John McCain and a Lancôme rep who thinks "The Flintstones" was based on a true story

Sep 21, 2008 11:49

Aaron Sorkin taking over Maureen Dowd's column to write an imaginary conversation between Barack Obama and PRESIDENT JED BARLET makes me think that it's not out of the realm of possibility that he has contemplated Bartlet handing it to Laura Roslin as well (LOL CAN YOU IMAGINE*), because you see - I assume that anyone who is even remotely cool watches Battlestar Galactica. (THIS IS MY FORM OF ELITISM.)

(Also, weren't Dowd and Sorkin once an item? I don't know why this is relevant?)

OBAMA: So what about hope? Chuck it for outrage and put-downs?

BARTLET: No. You're elite, you can do both. Four weeks ago you had the best week of your campaign, followed - granted, inexplicably - by the worst week of your campaign. And you're still in a statistical dead heat. You're a 47-year-old black man with a foreign-sounding name who went to Harvard and thinks devotion to your country and lapel pins aren't the same thing and you're in a statistical tie with a war hero and a Cinemax heroine. To these aged eyes, Senator, that's what progress looks like. You guys got four debates. Get out of my house and go back to work.

OBAMA: Wait, what is it you always used to say? When you hit a bump on the show and your people were down and frustrated? You'd give them a pep talk and then you'd always end it with something. What was it ...?

BARTLET: "Break's over."

Also, it sort of makes me miss Aaron Sorkin a little. Or wish that he was hired by the Obama campaign, because god damn are they performing awfully these days. (SIGH.)

* um. so.

BARTLET: Don't talk to me about "for the good of the people," young lady. I hid my illness for three years, and it nearly cost me my marriage, my job, and the sanity of some very capable people.

ROSLIN: Respectfully, sir, but our circumstances are quite different.

BARTLET: Yes, I forgot. The robots revolved, and you were otherwise occupied banning abortion and fomenting a mutiny.

ROSLIN: That's.. not entirely fair, so.
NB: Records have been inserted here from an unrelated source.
-- ===== src/Server/Rights/Connections.antt =====
-- The lines of a connection in every phase, server/handler.go, as to the rights.
use net_cat.Base.{
  Bytes, codes, bytes_eq, trim_space, ℕ, Bool, true, false, ◌||◌, ◌≡◌, refl, ◌∙◌, [], Option, none,
  some, inl, inr, arith, Bool-cases, Option-cases,
}
use net_cat.Base.Assoc.{lookup}
use net_cat.Client.{close}
use net_cat.Server.{Server, Room, Now, on_client, is_shutting_down}
use net_cat.Server.Rooms.{
  check_room_capacity, remove_from_room_queue, drop_entry, delete_room_if_empty,
  admit_from_room_queue,
}
use net_cat.Server.Clients.{untrack_client}
use net_cat.Server.Admins.{is_known_admin}
use net_cat.Server.Session.{
  Phase, naming, choosing, chatting, gone, answering, waiting, joining, abandon, enqueue_in,
  check_or_queue_room, choose, read_room_choice, answer_queue,
}
use net_cat.Server.Session.Steps.{cleanup_connection, end_session, after_line, on_line}
use net_cat.Server.Rights.{Rights, rights}
use net_cat.Server.Rights.Keep.{
  send_to-rights, put_room-rights, send_positions-rights, admit_from_room_queue-rights,
  delete_room_if_empty-rights,
}
use net_cat.Server.Rights.Travel.{announce_leave-rights}
use net_cat.Server.Rights.Grants.{admins_at, close-rights, remove_client-rights}
use net_cat.Server.Rights.Guard.{serve_line-rights}

untrack_client-rights : (c : ℕ) (s : Server) → rights (untrack_client c s) ≡ rights s
unfolding untrack_client rights
untrack_client-rights c s = refl

abandon-rights : (c : ℕ) (s : Server) → rights (abandon c s).1 ≡ rights s
unfolding abandon
abandon-rights c s =
    untrack_client-rights c _ ∙ close-rights c _ ∙ remove_client-rights (s.heap c).username s

remove_from_room_queue-rights :
    (name : Bytes) (id : ℕ) (s : Server) → rights (remove_from_room_queue name id s) ≡ rights s
unfolding remove_from_room_queue
remove_from_room_queue-rights name id s = elim (Option-cases (lookup name s.rooms)) [
  | inl e ↦ rw (e, remove_from_room_queue) refl
  | inr (r, e) ↦
      rw (e, remove_from_room_queue)
        (send_positions-rights 0 (drop_entry id r.queue) _ ∙ put_room-rights name _ s)
]

numbered-rights : (n : ℕ) (s : Server) → rights (record s { next_entry = n }) ≡ rights s
unfolding rights
numbered-rights n s = refl

enqueue_in-rights :
    (c : ℕ) (room : Bytes) (r : Room) (s : Server) → rights (enqueue_in c room r s).1 ≡ rights s
unfolding enqueue_in
enqueue_in-rights c room r s = send_to-rights c _ _ ∙ numbered-rights _ _ ∙ put_room-rights room _ s

check_or_queue_room-rights :
    (c : ℕ) (room : Bytes) (s : Server) → rights (check_or_queue_room c room s).1 ≡ rights s
unfolding check_or_queue_room
check_or_queue_room-rights c room s = elim (Bool-cases (is_shutting_down s)) [
  | inl q ↦ rw (q, check_or_queue_room) (abandon-rights c s)
  | inr q ↦ elim (Bool-cases (check_room_capacity room s)) [
    | inl e ↦ rw (q, e, check_or_queue_room) refl
    | inr e ↦ rw (q, e, check_or_queue_room) (enqueue_in-rights c room _ s)
  ]
]

choose-rights :
    (c : ℕ) (room : Bytes) (o : Option Bytes) (s : Server) → rights (choose c room o s).1 ≡ rights s
unfolding choose
choose-rights c room (some problem) s = send_to-rights c _ s
choose-rights c room none s = check_or_queue_room-rights c room s

read_room_choice-rights :
    (c : ℕ) (line : Bytes) (s : Server) → rights (read_room_choice c line s).1 ≡ rights s
unfolding read_room_choice
read_room_choice-rights c line s = elim (Bool-cases (bytes_eq (trim_space line) [])) [
  | inl e ↦ rw (e, read_room_choice) (check_or_queue_room-rights c _ s)
  | inr e ↦ rw (e, read_room_choice) (choose-rights c _ _ s)
]

answer_queue-rights :
    (c : ℕ) (room : Bytes) (id : ℕ) (line : Bytes) (s : Server)
    → rights (answer_queue c room id line s).1 ≡ rights s
unfolding answer_queue
answer_queue-rights c room id line s =
    elim (Bool-cases (bytes_eq (trim_space line) (codes "yes"))) [
      | inl e ↦ rw (e, answer_queue) (send_to-rights c _ s)
      | inr e ↦ elim (Bool-cases (bytes_eq (trim_space line) (codes "no"))) [
        | inl n ↦
            rw (e, n, answer_queue) (abandon-rights c _ ∙ remove_from_room_queue-rights room id s)
        | inr n ↦ rw (e, n, answer_queue) (send_to-rights c _ s)
      ]
    ]

end_session-rights : (now : Now) (c : ℕ) (s : Server) → rights (end_session now c s).1 ≡ rights s
unfolding end_session cleanup_connection
end_session-rights now c s =
    elim (Bool-cases (
      bytes_eq (s.heap c).disconnect_reason (codes "kicked")
      || bytes_eq (s.heap c).disconnect_reason (codes "banned"))) [
        | inl e ↦ rw (e, end_session, cleanup_connection) (tail s)
        | inr e ↦
            rw (e, end_session, cleanup_connection)
              (tail _ ∙ announce_leave-rights now _ _ _ _ ∙ remove_client-rights _ s)
      ]
  where
    tail :
        (t : Server)
        → rights (
            untrack_client c (
              on_client c close
                (delete_room_if_empty (s.heap c).room (admit_from_room_queue (s.heap c).room t))))
          ≡ rights t
    tail t =
        untrack_client-rights c _
        ∙ close-rights c _
        ∙ delete_room_if_empty-rights _ _
        ∙ admit_from_room_queue-rights _ t

after_line-rights :
    (now : Now) (c : ℕ) (r : Bool × Server) → rights (after_line now c r).1 ≡ rights r.1
unfolding after_line
after_line-rights now c (true, s) = end_session-rights now c s
after_line-rights now c (false, s) = refl

-- Whether the connection reads a name.
abbrev pub is_naming : Phase → Bool
is_naming naming = true
is_naming choosing = false
is_naming chatting = false
is_naming gone = false
is_naming (answering room id) = false
is_naming (waiting room id) = false
is_naming (joining room) = false

-- Whatever line a connection of a client that is no admin reads, in whatever phase after the name
-- prompt, nobody becomes an admin or ceases to be one, nobody is muted or unmuted, the list of
-- known admins stays, and no address is banned or blocked.
pub on_line-rights :
    (now : Now) (c : ℕ) (p : Phase) (line : Bytes) (s : Server)
    → is_naming p ≡ false
    → (s.heap c).admin ≡ false
    → rights (on_line now c p line s).1 ≡ rights s
unfolding on_line
on_line-rights now c naming line s named plain = absurd (ground arith)
on_line-rights now c choosing line s named plain = read_room_choice-rights c line s
on_line-rights now c chatting line s named plain =
    after_line-rights now c _ ∙ serve_line-rights now c line s plain
on_line-rights now c (answering room id) line s named plain = answer_queue-rights c room id line s
on_line-rights now c (waiting room id) line s named plain = refl
on_line-rights now c (joining room) line s named plain = refl
on_line-rights now c gone line s named plain = refl

-- How the admin flag of a client may come to differ: it is a client that takes a known admin's name.
abbrev pub Restores : ℕ → Phase → Bytes → ℕ → Server → Server → Type 0
Restores c p line i s t =
    (is_naming p ≡ true) × (i ≡ c) × (is_known_admin line s ≡ true) × (admins_at t c ≡ true)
I--.

BARTLET: I'm sorry to interrupt, Madame President, but your completely unnecessary military escort is currently starring me down somewhat disturbingly, and I'm struck by his resemblance to a particular Supreme Court Justice I had appointed several years ago. [to ADAMA] Excuse me, Admiral, but might I ask - do you vacation in Connecticut from time to time?